The OpenAPI JSON is served at /docs/openapi.json and Swagger UI at /docs/swagger. Export the JSON into version control and diff it on every PR to catch accidental contract changes.

14. Testing REST Endpoints

app.test_client() gives you an in-process HTTP client — no sockets, no Gunicorn. Combined with pytest fixtures it is fast enough to run thousands of tests in under a minute.

# tests/conftest.py
import pytest
from app import create_app
from app.extensions import db as _db

@pytest.fixture(scope="session")
def app():
    app = create_app("app.config.TestConfig")
    with app.app_context():
        _db.create_all()
        yield app
        _db.drop_all()

@pytest.fixture()
def client(app):
    return app.test_client()

@pytest.fixture()
def auth_headers(client):
    resp = client.post("/api/v1/auth/login",
                       json={"email": "admin@example.com", "password": "secret"})
    token = resp.get_json()["access_token"]
    return {"Authorization": f"Bearer {token}"}
# tests/test_users.py
def test_create_user_returns_201(client, auth_headers):
    resp = client.post("/api/v1/users",
                       json={"email": "new@example.com", "name": "New"},
                       headers=auth_headers)
    assert resp.status_code == 201
    assert resp.headers["Location"].startswith("/api/v1/users/")
    body = resp.get_json()
    assert body["email"] == "new@example.com"

def test_invalid_email_returns_422(client, auth_headers):
    resp = client.post("/api/v1/users",
                       json={"email": "nope", "name": "X"},
                       headers=auth_headers)
    assert resp.status_code == 422
    assert resp.get_json()["code"] == "validation_error"

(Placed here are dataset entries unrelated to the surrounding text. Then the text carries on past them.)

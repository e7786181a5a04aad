-- ===== src/Io/NotAgain.antt =====
-- internal/vclpoll/cgo.go and mode2.go: EAGAIN stays inside the calls that are tried again.
use vclnet.Base.{
  ℕ, List, [], ◌∷◌, Bool, true, false, some, ◌≡◌, refl, ◌==◌, if◌then◌else◌, Bool-cases, inl, inr,
  All, ap, sym, ◌∙◌,
}
use vclnet.Errors.{
  Error, panicked, errno, eagain, Result, ok, err, is_again_error, poll_closed, wait_canceled,
}
use vclnet.Wait.{Vlsh}
use vclnet.Worker.Defs.{Vpp}
use vclnet.Mode2.Defs.{Dispatcher, lookup_ref}
use vclnet.Io.Raw.{Op, read, write, recv_from, send_to, accept_full, Answer, events_of, raw}
use vclnet.Io.Spec.{Returns-not_again}
use vclnet.Io.Mode3
use vclnet.Io.Mode3.{
  call3, mode3_read_context, mode3_write_context, mode3_send_to_context, mode3_recv_from_context,
}
use vclnet.Io.Refines.{call3-Returns, is_empty, interrupted_by}
use vclnet.Io.Refines
use vclnet.Io.Waits.{why_interrupted, why_lem, wait_outcome, wait_outcome_lem}
use vclnet.Io.Mode2
use vclnet.Io.Mode2.{
  call2, attempt_call, poll_wait_context, wait_on, no_wait, is_panicked, wait_interrupted_error,
  interrupted_lookup, after_submit, submit_waiter,
}
use vclnet.Io.Refines2.{call2-Returns, wait_error}
use vclnet.Io.Refines2

attempts3-All {ℓ} :
    {A : Type ℓ} (interrupted : Error) (answer : Answer → Result A) (ts : List Mode3.Turn)
    → is_again_error interrupted ≡ false
    → All (λ t. is_again_error t.interrupted ≡ false) (Refines.attempts interrupted answer ts)
attempts3-All interrupted answer [] h = tt
attempts3-All interrupted answer (t ∷ ts) h = (h, attempts3-All interrupted answer ts h)

interrupted_by-not_again : (op : Op) → is_again_error (interrupted_by op) ≡ false
unfolding is_again_error
interrupted_by-not_again (read len) = refl
interrupted_by-not_again (write len) = refl
interrupted_by-not_again (recv_from len) = refl
interrupted_by-not_again (send_to len addr) = refl
interrupted_by-not_again accept_full = refl

empty-ok {ℓ} :
    {A : Type ℓ} (b : Bool) (a : A) (run : Mode3.Run A) (e : Error)
    → b ≡ true
    → ¬ ((if b then ([], some (ok a)) else run).1 ≡ some (err e))
empty-ok true a run e h x = absurd (cc)
empty-ok false a run e h x = absurd (cc)

empty-not_again :
    (op : Op) (ts : List Mode3.Turn) (e : Error)
    → is_empty op ≡ true
    → ¬ ((call3 op ts).1 ≡ some (err e))
unfolding mode3_read_context mode3_write_context mode3_send_to_context mode3_recv_from_context
empty-not_again (read len) ts e h = empty-ok (len == 0) _ _ e h
empty-not_again (write len) ts e h = empty-ok (len == 0) _ _ e h
empty-not_again (send_to len addr) ts e h = empty-ok (len == 0) _ _ e h
empty-not_again (recv_from len) ts e h = empty-ok (len == 0) _ _ e h
empty-not_again accept_full ts e h = absurd (cc)

-- None of the five calls of the shared-worker mode returns EAGAIN, whatever its turns.
call3-not_again : (op : Op) (ts : List Mode3.Turn) → ¬ ((call3 op ts).1 ≡ some (err (errno eagain)))
call3-not_again op ts e = elim (Bool-cases (is_empty op)) [
  | inl h ↦ empty-not_again op ts (errno eagain) h e
  | inr h ↦
      Returns-not_again (Refines.attempts (interrupted_by op) (raw op) ts)
        (attempts3-All (interrupted_by op) (raw op) ts (interrupted_by-not_again op))
        ((call3-Returns op ts (err (errno eagain)) h).0 e)
]

if-not_again :
    (b : Bool) (x y : Error)
    → is_again_error x ≡ false
    → is_again_error y ≡ false
    → is_again_error (if b then x else y) ≡ false
if-not_again true x y hx hy = hx
if-not_again false x y hx hy = hy

interrupted_lookup-not_again :
    (d : Dispatcher) (r : Result (ℕ × Vlsh)) → is_again_error (interrupted_lookup d r) ≡ false
unfolding is_again_error interrupted_lookup
interrupted_lookup-not_again d (ok ref) =
    if-not_again d.stopping poll_closed wait_canceled refl refl
interrupted_lookup-not_again d (err e) = if-not_again (is_panicked e) panicked poll_closed refl refl

wait_interrupted_error-not_again :
    (d : Dispatcher) (handle : Vlsh) (done : Bool)
    → is_again_error (wait_interrupted_error d handle done) ≡ false
unfolding is_again_error wait_interrupted_error
wait_interrupted_error-not_again d handle done =
    if-not_again done wait_canceled (interrupted_lookup d (lookup_ref d handle)) refl
      (interrupted_lookup-not_again d (lookup_ref d handle))

-- A wait ends in no error but a panic.
no_wait-not_again :
    (b : Bool) (x : Error)
    → is_again_error x ≡ false
    → is_again_error (wait_error x (if b then err panicked else ok false)) ≡ false
unfolding is_again_error
no_wait-not_again true x h = refl
no_wait-not_again false x h = h

module _ (vpp : Vpp) (handle : Vlsh) (events : ℕ) (t : Mode2.Turn) (x : Error)
    (hx : is_again_error x ≡ false) where
  module _ (i : ℕ) (r : Vlsh) where
    or_woken-not_again :
        (c : Dispatcher × Result Bool)
        → is_again_error (wait_error x (Mode2.or_woken vpp handle events t i r c).1) ≡ false
    or_woken-not_again (d, ok b) = hx
    or_woken-not_again (d, err e) = hx

    selected-not_again :
        (b : Mode2.Branch) (d : Dispatcher)
        → is_again_error (wait_error x (Mode2.selected vpp handle events t i r b d).1) ≡ false
    selected-not_again Mode2.waiter_ready d = hx
    selected-not_again Mode2.done_closed d =
        or_woken-not_again (Mode2.submit_cancel vpp handle events t i r (t.before_cancel d))
    selected-not_again Mode2.worker_quiesced d = hx

    after_submit-not_again :
        (c : Dispatcher × Result (Unit {0}))
        → is_again_error (wait_error x (after_submit vpp handle events t i r c).1) ≡ false
    after_submit-not_again (d, ok u) = selected-not_again t.branch d
    after_submit-not_again (d, err e) = hx

  wait_on-not_again :
      (d : Dispatcher) (l : Result (ℕ × Vlsh))
      → is_again_error (wait_error x (wait_on vpp handle events t d l).1) ≡ false
  unfolding wait_on
  wait_on-not_again d (ok (i, r)) =
      after_submit-not_again i r (submit_waiter vpp handle events t i r d)
  wait_on-not_again d (err e) = no_wait-not_again (is_panicked e) x hx

wait-not_again :
    (vpp : Vpp) (handle : Vlsh) (events : ℕ) (t : Mode2.Turn) (d : Dispatcher) (x : Error)
    → is_again_error x ≡ false
    → is_again_error (wait_error x (poll_wait_context vpp handle events t d).1) ≡ false
unfolding poll_wait_context
wait-not_again vpp handle events t d x h =
    wait_on-not_again vpp handle events t x h d (lookup_ref d handle)

interrupted-not_again :
    (vpp : Vpp) (handle : Vlsh) (events : ℕ) (t : Mode2.Turn) (d e : Dispatcher)
    → is_again_error
        (wait_error (why_interrupted e handle t.done) (wait_outcome vpp handle events t d))
      ≡ false
interrupted-not_again vpp handle events t d e =
    ap (λ y. is_again_error (wait_error y (wait_outcome vpp handle events t d)))
      (sym (why_lem e handle t.done))
    ∙ ap (λ y. is_again_error (wait_error (wait_interrupted_error e handle t.done) y))
        (sym (wait_outcome_lem vpp handle events t d))
    ∙ wait-not_again vpp handle events t d (wait_interrupted_error e handle t.done)
        (wait_interrupted_error-not_again e handle t.done)

attempts2-All {ℓ} :
    {A : Type ℓ} (vpp : Vpp) (handle : Vlsh) (events : ℕ)
    (attempt : Answer → Dispatcher → Dispatcher × Result A) (ts : List Mode2.Turn) (d : Dispatcher)
    → All
        (λ t. is_again_error t.interrupted ≡ false)
        (Refines2.attempts vpp handle events attempt ts d)
attempts2-All vpp handle events attempt [] d = tt
attempts2-All vpp handle events attempt (t ∷ ts) d =
    let c = attempt t.answer (t.before_call d) in
    let w = poll_wait_context vpp handle events t (t.before_wait c.0) in
    (
      interrupted-not_again vpp handle events t (t.before_wait c.0) (t.before_error w.0),
      attempts2-All vpp handle events attempt ts w.0,
    )

-- None of the five calls of the multi-worker mode returns EAGAIN, whatever VPP answers and the other
-- goroutines do.
call2-not_again :
    (vpp : Vpp) (handle : Vlsh) (op : Op) (ts : List Mode2.Turn) (d : Dispatcher)
    → ¬ ((call2 vpp handle op ts d).1 ≡ some (err (errno eagain)))
call2-not_again vpp handle op ts d e =
    Returns-not_again
      (Refines2.attempts vpp handle (events_of op) (attempt_call vpp handle op) ts d)
      (attempts2-All vpp handle (events_of op) (attempt_call vpp handle op) ts d)
      ((call2-Returns vpp handle op ts d (err (errno eagain))).0 e)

def test_unauthenticated_returns_401(client):
    resp = client.get("/api/v1/users/1")
    assert resp.status_code == 401

def test_rate_limit(client, auth_headers):
    for _ in range(60):
        client.get("/api/v1/users", headers=auth_headers)
    resp = client.get("/api/v1/users", headers=auth_headers)
    assert resp.status_code == 429
    assert "Retry-After" in resp.headers

Run tests against a throwaway SQLite or a Docker-launched Postgres:

pytest -x -q --cov=app --cov-report=term-missing
# Or in CI, with Postgres:
docker run --rm -d -p 5432:5432 -e POSTGRES_PASSWORD=test --name pg postgres:16
DATABASE_URL=postgresql://postgres:test@localhost:5432/postgres pytest

A Flask REST API built along these lines — factory + blueprints + schema validation + consistent errors + JWT + rate limiting + cursor pagination + OpenAPI — is the baseline I ship for every production service. Everything else (caching, background jobs, webhooks, tracing) is layered on top of this skeleton.